Structures of enterobactin (Ent), linearized enterobactin (lin-Ent), monoglycosylated enterobactin (MGE), linearized MGE (lin-MGE) and a truncated depiction of microcin E492m (MccE492m) showing the last eleven amino acids of the microcin peptide. Diglycosylated (DGE) and triglycosylated enterobactin (TGE) have glucose moieties attached to the C5 positions of either two or three DHB-Ser units, respectively.

Figure 2

(a) The MccE492 gene cluster: mceA, 312 bp; mceB, 288 bp; mceC, 1113 bp; mceD, 1245 bp; mceE, 345 bp; mceF, 540 bp; mceG, 2097 bp; mceH, 1242 bp; mceI, 492 bp; mceJ, 1575 bp (ref. 1). (b) Amino acid sequences for the serine-rich C-termini of MccE492, MccH47, MccI47 and MccM. The sequence of the C-terminus of MccE492 was determined experimentally. MccH47, MccI47 and MccM have not been isolated and their C-terminal sequences were deduced from the respective genes.

Figure 3

SDS-Page gel (4–15% Tris-HCl) of purified His₆ fusions of MceC (1, C-terminal His₆ fusion), MceD (2, C-terminal His₆ fusion; 3, N-terminal His₆ fusion) and MceIJ (4, MceJ bears a N-terminal His₆ tag).

Figure 4

MceC C-glycosylates Ent. (a) Representation of the MceC-catalyzed converstion of Ent to MGE and DGE. (b) HPLC analysis of the MceC-catalyzed glycosylation of Ent. (c) Kinetic traces for MceC-catalyzed glycosylation of Ent, MGE and lin-Ent.

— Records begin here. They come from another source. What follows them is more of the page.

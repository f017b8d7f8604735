-- ===== src/Still.antt =====
-- The still capture driver, drivers/still/canon-r5-still.c: the structures of
-- include/still/canon-r5-still.h, and the access to them. The driver sits on the device of
-- `canon_r.Device`, whose operations it runs by `on_core`.
pub mod Settings
pub mod Capture
pub mod Images
pub mod Autofocus
pub mod Validate
pub mod Busy
pub mod Serve
pub mod Stuck
pub mod Continuous
pub mod Starting
pub mod Fetch
pub mod Focusing
use canon_r.Prelude.{
  ℕ, Bool, true, false, List, [], Option, none, some, if◌then◌else◌, ℤ, pos, M, Outcome, done,
  fault, deadlock, modify, Ptr, null,
}
use canon_r.Device.{Core}

-- The enums are numbers: a caller may pass any.
pub record ImageQuality : Type 0 where
  pub format : ℕ
  pub size : ℕ
  pub jpeg_quality : ℕ  -- u8
  pub raw_plus_jpeg : Bool

pub record Fraction : Type 0 where
  pub numerator : ℕ  -- u32
  pub denominator : ℕ  -- u32

pub record CaptureSettings : Type 0 where
  pub mode : ℕ
  pub focus_mode : ℕ
  pub metering_mode : ℕ
  pub iso : ℕ  -- u32
  pub shutter_speed : Fraction
  pub aperture : Fraction
  pub exposure_compensation : ℤ  -- s32
  pub continuous_fps : ℕ  -- u8
  pub burst_count : ℕ  -- u16
  pub bracket_shots : ℕ  -- u8
  pub bracket_step : ℤ  -- s8
  pub timer_delay : ℕ  -- u8

-- `struct canon_r5_captured_image`, with the metadata that is filled in.
pub record CapturedImage : Type 0 where
  pub image_data : Ptr
  pub data_size : ℕ
  pub file_size : ℕ
  pub capture_settings : CaptureSettings
  pub ready : Bool
  pub ref_count : ℕ

pub record StillStats : Type 0 where
  pub images_captured : ℕ  -- u64, as are the others
  pub images_failed : ℕ
  pub total_bytes : ℕ
  pub af_operations : ℕ
  pub af_success : ℕ

pub record Focus : Type 0 where
  pub lock : Bool  -- the mutex is held
  pub af_active : Bool
  pub af_complete : Bool
  pub af_queued : Bool  -- `af_work` waits on the system's workqueue
  pub focus_position : ℕ  -- u32
  pub focus_achieved : Bool

-- `struct canon_r5_still_device`. An image is known by its number; `allocated` has the live ones.
pub record StillDevice : Type 0 where
  pub lock : Bool  -- the mutex is held
  pub initialized : Bool
  pub capture_active : Bool
  pub quality : ImageQuality
  pub settings : CaptureSettings
  pub allocated : ℕ → Option CapturedImage
  pub captured_images : List ℕ
  pub image_queue : List ℕ
  pub pending_captures : ℤ  -- the atomic counter, far from the ends of its range
  pub capture_queued : Bool  -- `capture_work` waits on `capture_wq`
  pub timer : Option ℕ  -- the jiffies that `continuous_timer` was armed for
  pub continuous_active : Bool
  pub continuous_count : ℕ  -- u32
  pub stats : StillStats
  pub focus : Focus

-- The driver's private data with the device it belongs to.
pub record StillSystem (E : Type 0) : Type 0 where
  pub still : StillDevice
  pub core : Core E

module _ {E : Type 0} where
  abbrev pub on_still : (StillDevice → StillDevice) → StillSystem E → StillSystem E
  on_still f s = record s { still = f s.still }

  -- A call of the core driver.
  abbrev pub on_core : {A : Type 0} → M (Core E) A → M (StillSystem E) A
  on_core m s = elim (m s.core) [ done a c ↦ done a (record s { core = c }) | fault x ↦ fault x ]

  abbrev pub lock_still : M (StillSystem E) (Unit {0})
  lock_still s =
      if s.still.lock then fault deadlock else done tt (on_still (λ d. record d { lock = true }) s)

  abbrev pub unlock_still : M (StillSystem E) (Unit {0})
  unlock_still = modify (on_still (λ d. record d { lock = false }))

  abbrev pub on_focus : (Focus → Focus) → StillSystem E → StillSystem E
  on_focus f = on_still (λ d. record d { focus = f (d.focus) })

  abbrev pub lock_focus : M (StillSystem E) (Unit {0})
  lock_focus s =
      if s.still.focus.lock
      then fault deadlock
      else done tt (on_focus (λ f. record f { lock = true }) s)

  abbrev pub unlock_focus : M (StillSystem E) (Unit {0})
  unlock_focus = modify (on_focus (λ f. record f { lock = false }))
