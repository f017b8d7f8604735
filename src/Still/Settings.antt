-- ===== src/Still/Settings.antt =====
-- The settings of drivers/still/canon-r5-still.c: the checks of the image quality and of the capture
-- settings, and the four functions that set and get them.
use canon_r.Prelude.{
  ℕ, ◌%◌, Bool, false, not, ◌&&◌, ◌||◌, Option, none, some, ltb, ◌==◌, if◌then◌else◌, ℤ, pos, minus,
  lt_int, failed, success, einval, M, ◌>>=◌, ◌>>◌, return, get, modify, Ptr, null, valid, is_null,
}
use canon_r.Ptp.Still.{ptp_set_image_quality, ptp_set_bracketing}
use canon_r.Still.{
  ImageQuality, CaptureSettings, StillSystem, on_still, on_core, lock_still, unlock_still,
}

abbrev pub still_jpeg : ℕ
still_jpeg = 0

abbrev pub still_format_count : ℕ
still_format_count = 4

abbrev pub still_size_count : ℕ
still_size_count = 4

abbrev pub capture_continuous : ℕ
capture_continuous = 1

abbrev pub capture_bracket : ℕ
capture_bracket = 4

abbrev pub capture_mode_count : ℕ
capture_mode_count = 6

abbrev pub focus_mode_count : ℕ
focus_mode_count = 4

abbrev pub metering_mode_count : ℕ
metering_mode_count = 4

-- The enums are unsigned, so the tests `>= 0` always hold.
abbrev pub still_format_valid : ℕ → Bool
still_format_valid format = ltb format still_format_count

abbrev pub still_size_valid : ℕ → Bool
still_size_valid size = ltb size still_size_count

abbrev pub capture_mode_valid : ℕ → Bool
capture_mode_valid mode = ltb mode capture_mode_count

unfoldable pub validate_quality : Option ImageQuality → ℤ
validate_quality none = einval
validate_quality (some q) =
    if not (still_format_valid q.format)
    then einval
    else if not (still_size_valid q.size)
    then einval
    else if q.format == still_jpeg && (ltb q.jpeg_quality 1 || ltb 10 q.jpeg_quality)
    then einval
    else success

-- The checks under `mode == CANON_R5_CAPTURE_CONTINUOUS`, and those for bracketing.
unfoldable pub validate_continuous : CaptureSettings → ℤ
validate_continuous s =
    if s.mode == capture_continuous
    then (if ltb s.continuous_fps 1 || ltb 30 s.continuous_fps
        then einval
        else if ltb s.burst_count 1 || ltb 999 s.burst_count
        then einval
        else success)
    else success

abbrev pub is_zero : ℤ → Bool
is_zero (pos n) = n == 0
is_zero _ = false

unfoldable pub validate_bracket : CaptureSettings → ℤ
validate_bracket s =
    if s.mode == capture_bracket
    then (if ltb s.bracket_shots 3 || (ltb 9 s.bracket_shots || s.bracket_shots % 2 == 0)
        then einval
        else if lt_int s.bracket_step (minus 3)
            || (lt_int (pos 3) s.bracket_step || is_zero s.bracket_step)
        then einval
        else success)
    else success

unfoldable pub validate_capture_settings : Option CaptureSettings → ℤ
validate_capture_settings none = einval
validate_capture_settings (some s) =
    if not (capture_mode_valid s.mode)
    then einval
    else if not (ltb s.focus_mode focus_mode_count)
    then einval
    else if not (ltb s.metering_mode metering_mode_count)
    then einval
    else if ltb s.iso 50 || ltb 102400 s.iso
    then einval
    else if failed (validate_continuous s)
    then einval
    else validate_bracket s

module _ {E : Type 0} where
  unfoldable pub set_quality : Ptr → Option ImageQuality → M (StillSystem E) ℤ
  set_quality null quality = return einval
  set_quality valid none = return einval
  set_quality valid (some q) =
      if failed (validate_quality (some q)) then return (validate_quality (some q)) else do
        lock_still
        ret ← on_core (ptp_set_image_quality valid q.format q.size q.jpeg_quality)
        (if failed ret then return tt else modify (on_still (λ d. record d { quality = q })))
        unlock_still
        return ret

  -- With what is written to `*quality`.
  unfoldable pub get_quality : Ptr → Ptr → M (StillSystem E) (ℤ × Option ImageQuality)
  get_quality still quality =
      if is_null still || is_null quality
      then return (einval, none)
      else do lock_still; s ← get; unlock_still; return (success, some s.still.quality)

  unfoldable pub set_capture_settings : Ptr → Option CaptureSettings → M (StillSystem E) ℤ
  set_capture_settings null settings = return einval
  set_capture_settings valid none = return einval
  set_capture_settings valid (some v) =
      if failed (validate_capture_settings (some v))
      then return (validate_capture_settings (some v))
      else do
        lock_still
        modify (on_still (λ d. record d { settings = v }))
        ret ←
            (if v.mode == capture_bracket
              then on_core (ptp_set_bracketing valid v.bracket_shots v.bracket_step)
              else return success)
        unlock_still
        return ret

  unfoldable pub get_capture_settings : Ptr → Ptr → M (StillSystem E) (ℤ × Option CaptureSettings)
  get_capture_settings still settings =
      if is_null still || is_null settings
      then return (einval, none)
      else do lock_still; s ← get; unlock_still; return (success, some s.still.settings)
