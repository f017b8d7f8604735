-- ===== src/Still/Capture.antt =====
-- Taking pictures in drivers/still/canon-r5-still.c: single shots, bursts, and continuous shooting
-- with its timer. `hz` is the number of jiffies in a second, which the kernel's configuration sets.
use canon_r.Prelude.{
  ℕ, zero, suc, ◌+◌, ◌/◌, ◌%◌, ◌^◌, true, false, not, ◌||◌, none, some, ltb, ◌==◌, if◌then◌else◌, ℤ,
  add_int, sub_int, failed, success, einval, ebusy, M, ◌>>=◌, ◌>>◌, return, get, modify, crash,
  div_by_zero, Ptr, null, valid,
}
use canon_r.Ptp.{TransportOps}
use canon_r.Ptp.Still.{ptp_capture_single, ptp_capture_burst}
use canon_r.Still.{StillDevice, StillSystem, on_still, on_core, lock_still, unlock_still}

-- `capture_active` is set and the pictures are counted, and the reverse of it.
abbrev pub begin_capture : ℕ → StillDevice → StillDevice
begin_capture n d = record d {
  capture_active = true;
  pending_captures = add_int d.pending_captures n;
}

abbrev pub abort_capture : ℕ → StillDevice → StillDevice
abort_capture n d = record d {
  capture_active = false;
  pending_captures = sub_int d.pending_captures n;
}

module _ {E : Type 0} (hz : ℕ) where
  -- mod_timer(&still->continuous_timer, jiffies + HZ / fps).
  abbrev pub arm_timer : ℕ → M (StillSystem E) (Unit {0})
  arm_timer zero = crash div_by_zero
  arm_timer (suc n) = modify (on_still (λ d. record d { timer = some (hz / suc n) }))

module _ {E : Type 0} where
  unfoldable pub capture_single : TransportOps E → Ptr → M (StillSystem E) ℤ
  capture_single ops null = return einval
  capture_single ops valid = do
    lock_still
    s ← get
    if s.still.capture_active then (do unlock_still; return ebusy) else do
      modify (on_still (begin_capture 1))
      ret ← on_core (ptp_capture_single ops valid)
      if failed ret then (do modify (on_still (abort_capture 1)); unlock_still; return ret) else do
        modify (on_still (λ d. record d { capture_queued = true }))
        unlock_still
        return success

  unfoldable pub capture_burst : TransportOps E → Ptr → ℕ → M (StillSystem E) ℤ
  capture_burst ops null count = return einval
  capture_burst ops valid count = if count == 0 || ltb 999 count then return einval else do
    lock_still
    s ← get
    if s.still.capture_active then (do unlock_still; return ebusy) else do
      modify (on_still (begin_capture count))
      ret ← on_core (ptp_capture_burst ops valid count)
      if failed ret
          then (do modify (on_still (abort_capture count)); unlock_still; return ret)
          else do unlock_still; return success

  unfoldable pub start_continuous : ℕ → TransportOps E → Ptr → M (StillSystem E) ℤ
  start_continuous hz ops null = return einval
  start_continuous hz ops valid = do
    lock_still
    s ← get
    if s.still.continuous_active || s.still.capture_active
        then (do unlock_still; return ebusy)
        else do
          modify (
              on_still (λ d. record d {
                continuous_active = true;
                continuous_count = 0;
                capture_active = true;
              }))
          ret ← on_core (ptp_capture_single ops valid)
          if failed ret
              then (do
                modify
                    (on_still (λ d. record d { continuous_active = false; capture_active = false }))
                unlock_still
                return ret)
              else do arm_timer hz s.still.settings.continuous_fps; unlock_still; return success

  unfoldable pub stop_continuous : Ptr → M (StillSystem E) ℤ
  stop_continuous null = return einval
  stop_continuous valid = do
    lock_still
    s ← get
    if not s.still.continuous_active then (do unlock_still; return einval) else do
      modify (
          on_still
            (λ d. record d { continuous_active = false; capture_active = false; timer = none }))
      unlock_still
      return success

  -- The timer has fired. It takes no mutex.
  unfoldable pub continuous_timer : ℕ → TransportOps E → M (StillSystem E) (Unit {0})
  continuous_timer hz ops = do
    modify (on_still (λ d. record d { timer = none }))
    s ← get
    if not s.still.continuous_active then return tt else do
      ret ← on_core (ptp_capture_single ops valid)
      if failed ret then modify (on_still (λ d. record d { continuous_active = false })) else do
        modify (on_still (λ d. record d { continuous_count = (d.continuous_count + 1) % 2 ^ 32 }))
        t ← get
        if ltb t.still.continuous_count t.still.settings.burst_count
            then arm_timer hz t.still.settings.continuous_fps
            else modify (on_still (λ d. record d { continuous_active = false }))
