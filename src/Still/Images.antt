-- ===== src/Still/Images.antt =====
-- The images of drivers/still/canon-r5-still.c: the work that fetches one from the camera, the queue
-- to the reader, the reference counts, and the start and end of the driver.
use canon_r.Prelude.{
  ℕ, ◌+◌, ◌-◌, ◌%◌, ◌^◌, true, false, ◌&&◌, not, List, [], ◌∷◌, ◌++◌, length, Option, none, some,
  ltb, ◌==◌, if◌then◌else◌, ℤ, pos, sub_int, failed, success, einval, enomem, M, ◌>>=◌, ◌>>◌,
  return, get, modify, crash, null_deref, use_after_free, Ptr, null, valid, is_null,
}
use canon_r.Device.{Core}
use canon_r.Core.{still, register_driver, unregister_driver}
use canon_r.Ptp.Still.{ptp_get_captured_image}
use canon_r.Still.{CapturedImage, StillDevice, StillSystem, on_still, on_core}
use canon_r.Still.Capture.{stop_continuous}

abbrev pub max_images : ℕ
max_images = 64

-- The map `m` with `i` at `a`.
abbrev pub put_image :
    ℕ → Option CapturedImage → (ℕ → Option CapturedImage) → ℕ → Option CapturedImage
put_image a i m b = if b == a then i else m b

abbrev pub count_up : ℕ → ℕ → ℕ
count_up n k = (n + k) % 2 ^ 64

-- kfifo_put drops what a full queue has no room for.
abbrev pub kfifo_put : ℕ → List ℕ → List ℕ
kfifo_put a q = if ltb (length q) max_images then q ++ (a ∷ []) else q

module _ {E : Type 0} where
  -- `kmalloc` is what kmalloc gives.
  unfoldable pub alloc_image_buffer : Ptr → Ptr → M (StillSystem E) Ptr
  alloc_image_buffer null kmalloc = return null
  alloc_image_buffer valid kmalloc = do
    s ← get
    if is_null s.core.dev.drivers.still_priv then return null else return kmalloc

  -- The labels `error_free_image` and `error`: the new image is freed, if there is one.
  capture_error : Option ℕ → M (StillSystem E) (Unit {0})
  capture_error image = modify (
      on_still (λ d. record d {
        allocated = elim image [ none ↦ d.allocated | some a ↦ put_image a none d.allocated ];
        stats = record (d.stats) { images_failed = count_up d.stats.images_failed 1 };
        pending_captures = sub_int d.pending_captures 1;
      }))

  -- memcpy of the data to a buffer of its own, and the image on the list and in the queue.
  keep_image : ℕ → Ptr → ℕ → M (StillSystem E) (Unit {0})
  keep_image a source size =
      if is_null source && not (size == 0)
      then crash null_deref
      else modify (
          on_still (λ d. record d {
            allocated =
                put_image a
                  (some (record {
                    image_data = valid;
                    data_size = size;
                    file_size = size;
                    capture_settings = d.settings;
                    ready = true;
                    ref_count = 1;
                  }))
                  d.allocated;
            captured_images = d.captured_images ++ (a ∷ []);
            image_queue = kfifo_put a d.image_queue;
            stats = record (d.stats) {
              images_captured = count_up d.stats.images_captured 1;
              total_bytes = count_up d.stats.total_bytes size;
            };
          }))

  fetch_image : ℕ → Ptr → ℤ × Option (Ptr × ℕ) → M (StillSystem E) (Unit {0})
  unfolding capture_error keep_image alloc_image_buffer
  fetch_image a buffer (ret, none) = capture_error (some a)
  fetch_image a buffer (ret, some (source, size)) =
      if failed ret then capture_error (some a) else do
        copy ← alloc_image_buffer valid buffer
        if is_null copy then capture_error (some a) else keep_image a source size

  -- The first argument is what kzalloc gives for the image, the second what kmalloc gives for its
  -- data. The work leaves the queue when it starts.
  unfoldable pub capture_work : Option ℕ → Ptr → M (StillSystem E) (Unit {0})
  unfolding fetch_image
  capture_work none buffer = do
    modify (on_still (λ d. record d { capture_queued = false }))
    capture_error none
  capture_work (some a) buffer = do
    modify (on_still (λ d. record d { capture_queued = false }))
    r ← on_core (ptp_get_captured_image valid 0x12345678 valid valid)
    fetch_image a buffer r

  -- The image at the front of the queue, with one reference more. A queued image that was freed
  -- is a use of freed memory.
  take_image : ℕ → Option CapturedImage → M (StillSystem E) (Option ℕ)
  take_image a none = crash use_after_free
  take_image a (some i) = do
    modify (
        on_still (λ d. record d {
          allocated = put_image a (some (record i { ref_count = i.ref_count + 1 })) d.allocated;
        }))
    return (some a)

  next_image : List ℕ → M (StillSystem E) (Option ℕ)
  unfolding take_image
  next_image [] = return none
  next_image (a ∷ q) = do
    modify (on_still (λ d. record d { image_queue = q }))
    s ← get
    take_image a (s.still.allocated a)

  unfoldable pub get_next_image : Ptr → M (StillSystem E) (Option ℕ)
  unfolding next_image
  get_next_image null = return none
  get_next_image valid = do s ← get; next_image s.still.image_queue

  drop_image : ℕ → Option CapturedImage → M (StillSystem E) (Unit {0})
  drop_image a none = crash use_after_free
  drop_image a (some i) = modify (
      on_still (λ d. record d {
        allocated =
            put_image a
              (if i.ref_count - 1 == 0
                then none
                else some (record i { ref_count = i.ref_count - 1 }))
              d.allocated;
      }))

  unfoldable pub release_image : Option ℕ → M (StillSystem E) (Unit {0})
  unfolding drop_image
  release_image none = return tt
  release_image (some a) = do s ← get; drop_image a (s.still.allocated a)

abbrev pub no_images : ℕ → Option CapturedImage
no_images a = none

-- The zeroed private data with what `canon_r5_still_init` sets.
abbrev pub fresh_still : StillDevice
fresh_still = record {
  lock = false;
  initialized = true;
  capture_active = false;
  quality = record { format = 0; size = 1; jpeg_quality = 8; raw_plus_jpeg = false };
  settings = record {
    mode = 0;
    focus_mode = 1;
    metering_mode = 0;
    iso = 200;
    shutter_speed = record { numerator = 1; denominator = 125 };
    aperture = record { numerator = 56; denominator = 10 };
    exposure_compensation = pos 0;
    continuous_fps = 10;
    burst_count = 10;
    bracket_shots = 0;
    bracket_step = pos 0;
    timer_delay = 0;
  };
  allocated = no_images;
  captured_images = [];
  image_queue = [];
  pending_captures = pos 0;
  capture_queued = false;
  timer = none;
  continuous_active = false;
  continuous_count = 0;
  stats = record {
    images_captured = 0;
    images_failed = 0;
    total_bytes = 0;
    af_operations = 0;
    af_success = 0;
  };
  focus = record {
    lock = false;
    af_active = false;
    af_complete = false;
    af_queued = false;
    focus_position = 0;
    focus_achieved = false;
  };
}

-- Freeing the images of the list, whoever else holds them.
unfoldable pub free_images : List ℕ → (ℕ → Option CapturedImage) → ℕ → Option CapturedImage
free_images [] m = m
free_images (a ∷ q) m = free_images q (put_image a none m)

module _ {E : Type 0} where
  -- `memory` and `wq` are what kzalloc and create_singlethread_workqueue give. The result has the
  -- driver's private data, if it is kept.
  unfoldable pub still_init : Ptr → Ptr → Ptr → M (Core E) (ℤ × Option StillDevice)
  still_init dev memory wq =
      if is_null dev
      then return (einval, none)
      else if is_null memory
      then return (enomem, none)
      else if is_null wq
      then return (enomem, none)
      else do
        ret ← register_driver still dev valid
        if failed ret then return (ret, none) else return (success, some fresh_still)

  -- The images are freed, the driver unregisters, and its private data is gone.
  unfoldable pub still_cleanup : Ptr → M (StillSystem E) (Unit {0})
  still_cleanup null = return tt
  still_cleanup valid = do
    s ← get
    if is_null s.core.dev.drivers.still_priv then return tt else do
      (if s.still.continuous_active then (do ret ← stop_continuous valid; return tt) else return tt)
      modify (
          on_still (λ d. record d {
            capture_queued = false;
            allocated = free_images d.captured_images d.allocated;
            captured_images = [];
          }))
      on_core (unregister_driver still valid)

The corresponding k_cat and K_m values are listed in Table 1.

Figure 5

MceD hydrolyzes apo Ent, MGE and DGE. (a) HPLC analysis of MceD-catalyzed hydrolysis of Ent. Dimer and monomer refer to the DHB-Ser dimer and DHB-Ser monomer, respectively, (b) HPLC analysis of MceD-catalyzed hydrolysis of MGE. Glc-Dimer is the monoglycosylated DHB-Ser dimer and “Monomers” refer to the Glc-DHB-Ser (elution time ~ 2 min) and DHB-Ser (elution time ~2.5 min) monomers, the former of which results from hydrolysis of the Glc-DHB-Ser dimer. (c) Kinetic traces for the MceD-catalyzed hydrolysis of Ent, lin-Ent, MGE, lin-MGE, and DGE. Corresponding kinetic parameters are listed in Table 2. All reactions were carried out at room temperature (75 mM Hepes, pH 7.5). (d) Schematic of the MceD-catalyzed hydrolysis of MGE illustrating the regioselectivity of the cut as determined by 2-D NMR. HPLC traces for assays with DGE are given in Figure S2 and the m/z data for Ent, MGE and DGE hydrolysis products are listed in Table S1.

Figure 6

HPLC monitoring of a reaction containing 550 μM C₁₀, 100 μM MGE and 2 μM MceIJ, 5 mM ATP and 5 mM MgCl₂ (75 mM Tris-HCl pH 8, 2.5 mM TCEP). The two new peaks, 1 and 2, both have a mass equivalent to C₁₀+MGE-H₂O, which suggests attachment of MGE to the C₁₀ peptide through an ester linkage.

Figure 7

(a) Section of the 2D-¹H homonuclear NOESY spectra for C₁₀-C4′-MGE (peak 1). (b) Section of the 2D-¹H homonuclear NOESY spectra for C₁₀-C6′-MGE (peak 2). Both spectra were acquired using a W5 pulse sequence for water suppression and a 250 msec mixing time. The dotted lines indicate the positions of the sugar protons and the corresponding NOE correlations. The proton assignments are listed in Table S2. (c) Analytical HPLC (220 nm absorption) of purified C₁₀-C6′-MGE. (d) Analytica HPLC trace (220 nm absorption) of purified C₁₀-C4′-MGE. A gradient of 0 to 40% MeCN in 8 min was employed for both samples, (e) Numbering scheme for the glucose and DHB moieties.

Scheme 1

(a) Attachment of MGE to the MccE492m C-terminal decapeptide (C₁₀) by MceIJ through the C4′ hydroxyl and subsequent migration to the C6′ position, (b) Formation of the six-membered intermediate between the C4′ and C6′ positions.

Scheme 2

Maturation of MccE492m as defined by in vitro studies. MceA is the peptide precursor to MccE492. It undergoes cleavage at amino acid 15 or 19 during export to yield the 84-residue MccE492(m).